While the infant was later rescued by his grandparents, others have faced worse fates. In Nepal, it is common for parents of children with cerebral palsy to abandon their children “when they realise it is a health condition that cannot be treated, but has to be lived with,” Allen added.
While Nepal has been successfully reducing poverty, social and welfare services are wanting, including those for people with cerebral palsy, who number around 80,000.
Twenty-six years since it opened in Kathmandu Valley, SGCP remains the only organisation in the country to be dedicated to the rehabilitation of children with cerebral palsy. People with cerebral palsy are “much neglected, and their plight is almost beyond description”, said SGCP in an appeal letter. It’s a “hidden catastrophe”.
MSP students interacting with the children at the SGCP centre
Stigma worsens the situation. There remain strong beliefs that disabilities are due to sins in past lives, and to fate, preventing Nepali parents from accessing appropriate healthcare for children with disabilities. Rural folk also believe that a child is born with cerebral palsy because the mother was possessed.
“The father would abandon the mother and child, making it even more difficult for the mother to provide for the child,” Allen wrote. “In such cases, these children would be caged up, left with food and water and only visited occasionally.”
Girl with cerebral palsy experiments with a tune
SGCP’s long history of providing rehabilitation, counseling and special education for children and adults with cerebral palsy has also seen new grassroots organisations turning to it for support.

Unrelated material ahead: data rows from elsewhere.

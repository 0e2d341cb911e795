-- ===== src/Qris/Grammar.antt =====
-- internal/domain/qris/decoder.go: parseTLV against the grammar of EMVCo payloads.
use bca_mobile_api.Common.{
  ℕ, zero, suc, ◌+◌, ◌-◌, ◌*◌, ◌/◌, ◌%◌, ◌≤◌, ◌<◌, ◌≡◌, refl, sym, ap, ◌∙◌, ◌↔◌, true, false, none,
  some, List, [], ◌∷◌, ◌++◌, ltb, length, length-append, take, drop, arith, Bool-cases,
  Option-cases, inl, inr,
}
use bca_mobile_api.Common.Int.{pos, negsuc, ltb_ℤ}
use bca_mobile_api.Qris.Tlv.{
  Field, Parsed, fields, malformed, panic, is_digit, atoi, add_field, slice_to, parse_from,
  parse_tlv,
}

-- The payloads of a list of fields: each field's tag, two bytes that Atoi reads as the length of its
-- value, and the value.
pub data IsPayload : List Field → List ℕ → Type 0 where
  done : IsPayload [] []
  field :
      (a b c d : ℕ) (value : List ℕ) {fs : List Field} {rest : List ℕ}
      → atoi c d ≡ some (pos (length value))
      → IsPayload fs rest
      → IsPayload
          (record { tag_high = a; tag_low = b; value = value } ∷ fs)
          (a ∷ b ∷ c ∷ d ∷ (value ++ rest))

take-append : (xs ys : List ℕ) → take (length xs) (xs ++ ys) ≡ xs
take-append [] ys = refl
take-append (x ∷ xs) ys = ap (λ r. x ∷ r) (take-append xs ys)

drop-append : (xs ys : List ℕ) → drop (length xs) (xs ++ ys) ≡ ys
drop-append [] ys = refl
drop-append (x ∷ xs) ys = drop-append xs ys

take-append-drop : (n : ℕ) (xs : List ℕ) → take n xs ++ drop n xs ≡ xs
take-append-drop zero xs = refl
take-append-drop (suc n) [] = refl
take-append-drop (suc n) (x ∷ xs) = ap (λ r. x ∷ r) (take-append-drop n xs)

length-take_le : (n : ℕ) (xs : List ℕ) → n ≤ length xs → length (take n xs) ≡ n
length-take_le zero xs h = refl
length-take_le (suc n) [] h = let bad : ⊥ = omega arith in absurd bad
length-take_le (suc n) (x ∷ xs) h = omega (arith, length-take_le n xs)

parse_from_field :
    (n a b c d k : ℕ) (rest : List ℕ)
    → atoi c d ≡ some (pos k)
    → k ≤ length rest
    → parse_from (suc n) (a ∷ b ∷ c ∷ d ∷ rest)
      ≡ add_field
          (record { tag_high = a; tag_low = b; value = take k rest })
          (parse_from n (drop k rest))
unfolding parse_from slice_to
parse_from_field n a b c d k rest e h = ground arith

-- Every payload is parsed to its fields.
IsPayload-parse_from :
    (n : ℕ) (fs : List Field) (s : List ℕ)
    → length s ≤ n
    → IsPayload fs s
    → parse_from n s ≡ fields fs
unfolding parse_from slice_to
IsPayload-parse_from n _ _ h done = refl
IsPayload-parse_from zero _ _ h (field a b c d value e p) = let bad : ⊥ = omega arith in absurd bad
IsPayload-parse_from (suc n) _ _ h (field a b c d value {fs} {rest} e p) =
    let long = length-append value rest in
    parse_from_field n a b c d (length value) (value ++ rest) e (omega arith)
    ∙ rw (take-append value rest)
        (rw (drop-append value rest) (rw (IsPayload-parse_from n fs rest (omega arith) p) refl))

add_field-fields :
    (f : Field) (r : Parsed) {fs : List Field}
    → add_field f r ≡ fields fs
    → (gs : List Field) × (r ≡ fields gs) × (fs ≡ f ∷ gs)
add_field-fields f (fields gs) h = (gs, refl, cc)
add_field-fields f malformed h = cc
add_field-fields f panic h = cc

-- A round of the loop that did not end in an error.
parse_from_round :
    (n a b c d : ℕ) (rest : List ℕ) {fs : List Field}
    → parse_from (suc n) (a ∷ b ∷ c ∷ d ∷ rest) ≡ fields fs
    → (k : ℕ) × (atoi c d ≡ some (pos k))
      × (k ≤ length rest)
      × (add_field
            (record { tag_high = a; tag_low = b; value = take k rest })
            (parse_from n (drop k rest))
          ≡ fields fs)
unfolding parse_from slice_to
parse_from_round n a b c d rest h = elim (Option-cases (atoi c d)) [
  | inl e ↦ let bad : ⊥ = ground arith in absurd bad
  | inr (negsuc k, e) ↦ let bad : ⊥ = ground arith in absurd bad
  | inr (pos k, e) ↦ elim (Bool-cases (ltb (length rest) k)) [
    | inl f ↦ let bad : ⊥ = ground arith in absurd bad
    | inr f ↦ (k, e, ground arith, ground arith)
  ]
]

parse_from-IsPayload :
    (n : ℕ) (fs : List Field) (s : List ℕ) → parse_from n s ≡ fields fs → IsPayload fs s
unfolding parse_from slice_to
parse_from-IsPayload n fs [] h = let e : fs ≡ [] = cc in rw e done
parse_from-IsPayload zero fs (x ∷ xs) h = cc
parse_from-IsPayload (suc n) fs (a ∷ []) h = cc
parse_from-IsPayload (suc n) fs (a ∷ b ∷ []) h = cc
parse_from-IsPayload (suc n) fs (a ∷ b ∷ c ∷ []) h = cc
parse_from-IsPayload (suc n) fs (a ∷ b ∷ c ∷ d ∷ rest) h =
    let (k, e, l, add) = parse_from_round n a b c d rest h in
    let (gs, later, shape) = add_field-fields _ (parse_from n (drop k rest)) add in
    let size : length (take k rest) ≡ k = length-take_le k rest l in
    let p =
      field a b c d (take k rest) (rw size e) (parse_from-IsPayload n gs (drop k rest) later) in
    rw shape (rw (take-append-drop k rest) at p)

-- The parser accepts exactly the payloads of the grammar, with their fields: it gives a list of fields
-- for a text if and only if the text is a payload of that list. So its fuel never runs out on a payload.
pub parse_tlv-IsPayload :
    (fs : List Field) (s : List ℕ) → (parse_tlv s ≡ fields fs) ↔ IsPayload fs s
unfolding parse_tlv
parse_tlv-IsPayload fs s =
    (parse_from-IsPayload (length s) fs s, IsPayload-parse_from (length s) fs s (omega arith))

-- What a writer of payloads puts: each length in two digits.
pub print : List Field → List ℕ
print [] = []
print (f ∷ fs) =
    f.tag_high
    ∷ f.tag_low
    ∷ (b'0' + length f.value / 10)
    ∷ (b'0' + length f.value % 10)
    ∷ (f.value ++ print fs)

abbrev pub AllShort : List Field → Type 0
AllShort [] = Unit
AllShort (f ∷ fs) = (length f.value < 100) × AllShort fs

atoi_pair : (q r : ℕ) → q ≤ 9 → r ≤ 9 → atoi (b'0' + q) (b'0' + r) ≡ some (pos (q * 10 + r))
unfolding atoi
atoi_pair q r h k =
    let e : b'0' + q - b'0' ≡ q = omega arith in
    let f : b'0' + r - b'0' ≡ r = omega arith in
    let low : is_digit (b'0' + r) ≡ true = ground arith in
    let high : is_digit (b'0' + q) ≡ true = ground arith in rw low (rw high (rw e (rw f refl)))

atoi_digits : (n : ℕ) → n < 100 → atoi (b'0' + n / 10) (b'0' + n % 10) ≡ some (pos n)
atoi_digits n h =
    let q : n / 10 ≤ 9 = omega arith in
    let r : n % 10 ≤ 9 = omega arith in
    let sum : n / 10 * 10 + n % 10 ≡ n = omega arith in
    atoi_pair (n / 10) (n % 10) q r ∙ ap (λ m. some (pos m)) sum

print-IsPayload : (fs : List Field) → AllShort fs → IsPayload fs (print fs)
unfolding print
print-IsPayload [] h = done
print-IsPayload (f ∷ fs) h =
    field f.tag_high f.tag_low _ _ f.value (atoi_digits (length f.value) h.0)
      (print-IsPayload fs h.1)

-- Fields whose values have less than a hundred bytes are read back as they were written.
pub parse_tlv-print : (fs : List Field) → AllShort fs → parse_tlv (print fs) ≡ fields fs
parse_tlv-print fs h = (parse_tlv-IsPayload fs (print fs)).1 (print-IsPayload fs h)

-- The texts whose fields, after any number of whole ones, come to one with a negative length.
pub data IsCut : List ℕ → Type 0 where
  cut : (a b d : ℕ) (rest : List ℕ) → b'0' < d → d ≤ b'9' → IsCut (a ∷ b ∷ b'-' ∷ d ∷ rest)
  later :
      (a b c d : ℕ) (value : List ℕ) {rest : List ℕ}
      → atoi c d ≡ some (pos (length value))
      → IsCut rest
      → IsCut (a ∷ b ∷ c ∷ d ∷ (value ++ rest))

atoi_minus : (d : ℕ) → b'0' < d → d ≤ b'9' → atoi b'-' d ≡ some (negsuc (d - b'0' - 1))
unfolding atoi
atoi_minus d h k = ground arith

atoi_negative : (c d k : ℕ) → atoi c d ≡ some (negsuc k) → (c ≡ b'-') × (b'0' < d) × (d ≤ b'9')
unfolding atoi
atoi_negative c d k h = (ground arith, ground arith, ground arith)

parse_from_cut :
    (n a b c d k : ℕ) (rest : List ℕ)
    → atoi c d ≡ some (negsuc k)
    → parse_from (suc n) (a ∷ b ∷ c ∷ d ∷ rest) ≡ panic
unfolding parse_from slice_to
parse_from_cut n a b c d k rest e =
    let below : ltb_ℤ (pos (length rest)) (negsuc k) ≡ false = ground arith in
    rw (e, parse_from) (rw below refl)

parse_from_bad :
    (n a b c d : ℕ) (rest : List ℕ)
    → atoi c d ≡ none
    → parse_from (suc n) (a ∷ b ∷ c ∷ d ∷ rest) ≡ malformed
unfolding parse_from
parse_from_bad n a b c d rest e = rw (e, parse_from) refl

parse_from_overflow :
    (n a b c d k : ℕ) (rest : List ℕ)
    → atoi c d ≡ some (pos k)
    → ltb (length rest) k ≡ true
    → parse_from (suc n) (a ∷ b ∷ c ∷ d ∷ rest) ≡ malformed
unfolding parse_from
parse_from_overflow n a b c d k rest e f =
    let above : ltb_ℤ (pos (length rest)) (pos k) ≡ true = ground arith in
    rw (e, parse_from) (rw above refl)

IsCut-parse_from : (n : ℕ) (s : List ℕ) → length s ≤ n → IsCut s → parse_from n s ≡ panic
IsCut-parse_from zero _ h (cut a b d rest l m) = let bad : ⊥ = omega arith in absurd bad
IsCut-parse_from zero _ h (later a b c d value e p) = let bad : ⊥ = omega arith in absurd bad
IsCut-parse_from (suc n) _ h (cut a b d rest l m) =
    parse_from_cut n a b b'-' d _ rest (atoi_minus d l m)
IsCut-parse_from (suc n) _ h (later a b c d value {rest} e p) =
    let long = length-append value rest in
    parse_from_field n a b c d (length value) (value ++ rest) e (omega arith)
    ∙ rw (drop-append value rest) (rw (IsCut-parse_from n rest (omega arith) p) refl)

add_field-panic : (f : Field) (r : Parsed) → add_field f r ≡ panic → r ≡ panic
add_field-panic f (fields gs) h = cc
add_field-panic f malformed h = cc
add_field-panic f panic h = refl

ltb-false : (m k : ℕ) → ltb m k ≡ false → k ≤ m
ltb-false m k h = ground arith

parse_from-IsCut : (n : ℕ) (s : List ℕ) → parse_from n s ≡ panic → IsCut s
unfolding parse_from slice_to
parse_from-IsCut n [] h = cc
parse_from-IsCut zero (x ∷ xs) h = cc
parse_from-IsCut (suc n) (a ∷ []) h = cc
parse_from-IsCut (suc n) (a ∷ b ∷ []) h = cc
parse_from-IsCut (suc n) (a ∷ b ∷ c ∷ []) h = cc
parse_from-IsCut (suc n) (a ∷ b ∷ c ∷ d ∷ rest) h = elim (Option-cases (atoi c d)) [
  | inl e ↦ let bad : malformed ≡ panic = sym (parse_from_bad n a b c d rest e) ∙ h in cc
  | inr (negsuc k, e) ↦ let (minus, l, m) = atoi_negative c d k e in rw minus (cut a b d rest l m)
  | inr (pos k, e) ↦ elim (Bool-cases (ltb (length rest) k)) [
    | inl f ↦ let bad : malformed ≡ panic = sym (parse_from_overflow n a b c d k rest e f) ∙ h in cc
    | inr f ↦
        let fits = ltb-false (length rest) k f in
        let size : length (take k rest) ≡ k = length-take_le k rest fits in
        let add = parse_from_field n a b c d k rest e fits in
        let p =
          parse_from-IsCut n (drop k rest)
            (add_field-panic _ (parse_from n (drop k rest)) (sym add ∙ h)) in
        rw (take-append-drop k rest) at (later a b c d (take k rest) (rw size e) p)
  ]
]

-- The parser panics on exactly the texts in which, after any number of whole fields, comes a field whose
-- length is a minus sign and a digit from 1 to 9.
pub parse_tlv-panic : (s : List ℕ) → (parse_tlv s ≡ panic) ↔ IsCut s
unfolding parse_tlv
parse_tlv-panic s = (parse_from-IsCut (length s) s, IsCut-parse_from (length s) s (omega arith))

Working with SGCP, MSP students decided to give voice to the inner worlds and realities that the 38 children at the centre occupy, as well as raise funds for its wide remit of work. They will apply their skills in digital media by launching a social media campaign this November. To prepare for this, they visited the centre with Allen in July where they observed health
workers and teachers at work, attended painting classes with the children and interviewed parents.
Ambika Maharjan, currently a sixth-semester student at St. Xavier’s College of Tribhuvan Unviersity, said, “I really wish I could do more for them, especially for the mothers who, as women here, are less empowered economically. But a friend reminded me that ‘no act of kindness, no matter how small, is ever wasted’, so I am happy to contribute whatever skills I have, which are currently photography and blogging.”
The visit was also significant for providing Ambika the opportunity to “translate the children’s lives into stories that flesh out their hopes and fears, and talk openly about their needs”.
“I believe that a better understanding will eradicate fears, and create better attitudes towards people with cerebral palsy.”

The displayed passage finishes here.